I think there are some difficulties with the single coach approach.
- The recovery coach only knows what the coach knows. Where and how does a coach in this setting continue to professionally develop?
- One coach has one connection to the recovery community – their own. It is much more difficult for a single person to be aware of all the recovery support services and recovery resources in their area.
- Little to no support from other recovery coaches.
- Supervisors in these settings often do not understand the recovery coach role and insist recovery coaches adhere to clinical ethics and boundaries.
- Hospitals and providers may put restrictions on who is eligible for employment in the recovery coach role – lived experience, amount of time in recovery, and below average pay.
So here’s a better model.
- To enhance recovery outcomes, every state needs a vibrant recovery community organization (RCO).
- The RCO develops a team of highly skilled, competent, well paid, professional recovery coaches.
- The RCO dispatches recovery coaches to Emergency Departments, Police Stations, Fire Stations, prisons, treatment centers, managed care organizations, etc. wherever there is a request.
- The RCO practices a key coaching principle – it treats each coach as a resource giving them the freedom to innovate, adapt and serve. Leadership does not micromanage.
- The RCO allows the recovery coach team to grow dynamically and strengthen one another.
- The RCO encourages the team to learn from one another. The team develops linkages with all types of community recovery supports that they share with one another. This body of knowledge is a powerful, living entity that the team nurtures.
- The RCO will develop a career ladder (for those interested) – from receiving support to volunteering (offering support) to partaking in quality recovery coach training to earning a Recovery Coach Professional (RCP) designation to employment in the recovery support services field.
When a hospital (or other entity) enters into an agreement with CCAR (an RCO), it hires a team of coaches, not just one person. The hospital contracts with an organization with recovery expertise that embraces multiple pathways of recovery. The RCO manages compensation, benefits, overhead or supervision for the recovery coaches. The RCO is accountable for the recovery outcomes.
At CCAR, we connect people to ongoing care through our established network. The network is vast, comprehensive and dynamic. It continually expands and shifts. For example, our coaches know who to call and when to call, for nearly all situations they have faced in the Emergency Department. If they have a question, they have come to rely on one another. Someone on the team will likely know.
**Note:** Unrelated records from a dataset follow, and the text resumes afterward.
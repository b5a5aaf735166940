-- ===== src/RouteProxy.antt =====
-- integrations/common/route_proxy.py: the proxy that recovers a failed request once, on a route of
-- the same model family.
pub mod Paths
pub mod Sse
pub mod Bodies
pub mod Policy
pub mod World
pub mod Upstream
pub mod Response
pub mod Handler
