-- ===== src/RouteSelection/Binding.antt =====
-- `validate_route_credential`: a route is activated only while its account still stands behind it.
use orichum.Base.{
  String, true, false, Option, some, List, ◌≡◌, ◌↔◌, refl, ◌∙◌, inl, inr, string_eq, nat_eq,
  option_eq, Option-cases, arith,
}
use orichum.Base.Dict.{Dict, lookup}
use orichum.Base.Result.{ok, Result-cases}
use orichum.Base.Text.{
  ◌<>◌, after_first, has_code, is_hex, is_digit, after_first-append, has_code-matches_hex16,
}
use orichum.Account.{Account, is_routing_prefix}
use orichum.Account.Valid.{IsValid}
use orichum.Account.Registry.{find_account}
use orichum.RouteSelection.{Route, Query, Credential, validate_route_credential}
use orichum.RouteSelection.Eligible.{Fits, route_to}

no_slash : (p : String) → is_routing_prefix p ≡ true → has_code b'/' p ≡ false
unfolding is_routing_prefix has_code is_hex is_digit nat_eq
no_slash p h = has_code-matches_hex16 b'/' "oc-r-" p h refl refl

slash_first : (u : String) → after_first b'/' ("/" <> u) ≡ some u
unfolding after_first ◌<>◌ nat_eq
slash_first u = refl

-- The model name behind an account's prefix is found again.
after_first-prefix :
    (p u : String) → is_routing_prefix p ≡ true → after_first b'/' (p <> "/" <> u) ≡ some u
after_first-prefix p u h = after_first-append b'/' p ("/" <> u) (no_slash p h) ∙ slash_first u

module _ (accounts : List Account) (auth_type : Dict String String)
    (resolve : String → String → Option Credential) where
  -- A route of a valid, fitting account that its ID finds, with a provider of known type, passes
  -- exactly when the account's credential file is enabled and carries the account's prefix and
  -- priority.
  pub validate_route_credential_iff :
      (q : Query) (pool : String) (providers fallback : List String) (a : Account) (u t : String)
      → Fits q pool providers fallback a u
      → IsValid a
      → find_account accounts a.id ≡ ok a
      → lookup a.provider auth_type ≡ some t
      → (validate_route_credential accounts auth_type resolve (route_to q pool a u) ≡ ok tt) ↔ (
          (c : Credential) × (resolve a.credential_ref t ≡ some c)
          × (c.disabled ≡ false)
          × (c.prefix ≡ some a.routing_prefix)
          × (c.priority ≡ a.priority))
  unfolding validate_route_credential
  validate_route_credential_iff q pool providers fallback a u t f v found known = (
    λ h. elim (Option-cases (resolve a.credential_ref t)) [
      | inl e ↦ ground (arith, e, found, known)
      | inr (c, e) ↦ (
        c,
        e,
        ground (arith, e, found, known),
        ground (arith, e, found, known),
        ground (arith, e, found, known),
      )
    ],
    λ (c, e, d, p, n). ground (
      arith,
      e,
      found,
      known,
      f.active,
      f.in_pool,
      after_first-prefix a.routing_prefix u v.prefix_ok,
    ),
  )

  -- A route passes only if its account is active and still has the route's provider and pool.
  pub validate_route_credential-bound :
      (r : Route)
      → validate_route_credential accounts auth_type resolve r ≡ ok tt
      → (a : Account) × (find_account accounts r.account_id ≡ ok a)
        × (a.state ≡ "active")
        × (a.provider ≡ r.provider)
        × (a.pool ≡ r.pool)
  unfolding validate_route_credential
  validate_route_credential-bound r h = elim (Result-cases (find_account accounts r.account_id)) [
    | inr (x, e) ↦ ground (arith, e)
    | inl (a, e) ↦ (a, e, ground (arith, e), ground (arith, e), ground (arith, e))
  ]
How would an isolated recovery coach have this ability?
No coach is an island.
Phil “Right Click” Valentine
Recovery established 12.28.87
In 2015, I finished a thruhike of the entire Appalachian Trail, a trek of 2,189.2 miles. It took 189 days and 6 pairs of boots. During all that time alone with my Creator, my purpose in life became more precisely defined. I am, simply, to coach recovery. Recovery saved me from an early demise and brought purpose to my tattered life. I have learned that I’m a coach to my very core. I am blessed to put the two together. I started work at the Connecticut Community for Addiction Recovery (CCAR) in 1999. I became the Executive Director of this recovery community organization in 2004. I have trained the CCAR Recovery Coach Academy© dozens of times and have a hand in modifying, improving and adapting various recovery coach curricula. I’m old enough now to start considering my legacy. This is a way for me to share things I have learned in my recovery, in my role as Executive Director and a trainer. I find that when I speak I present the same messages over and over. It’s time to write them down.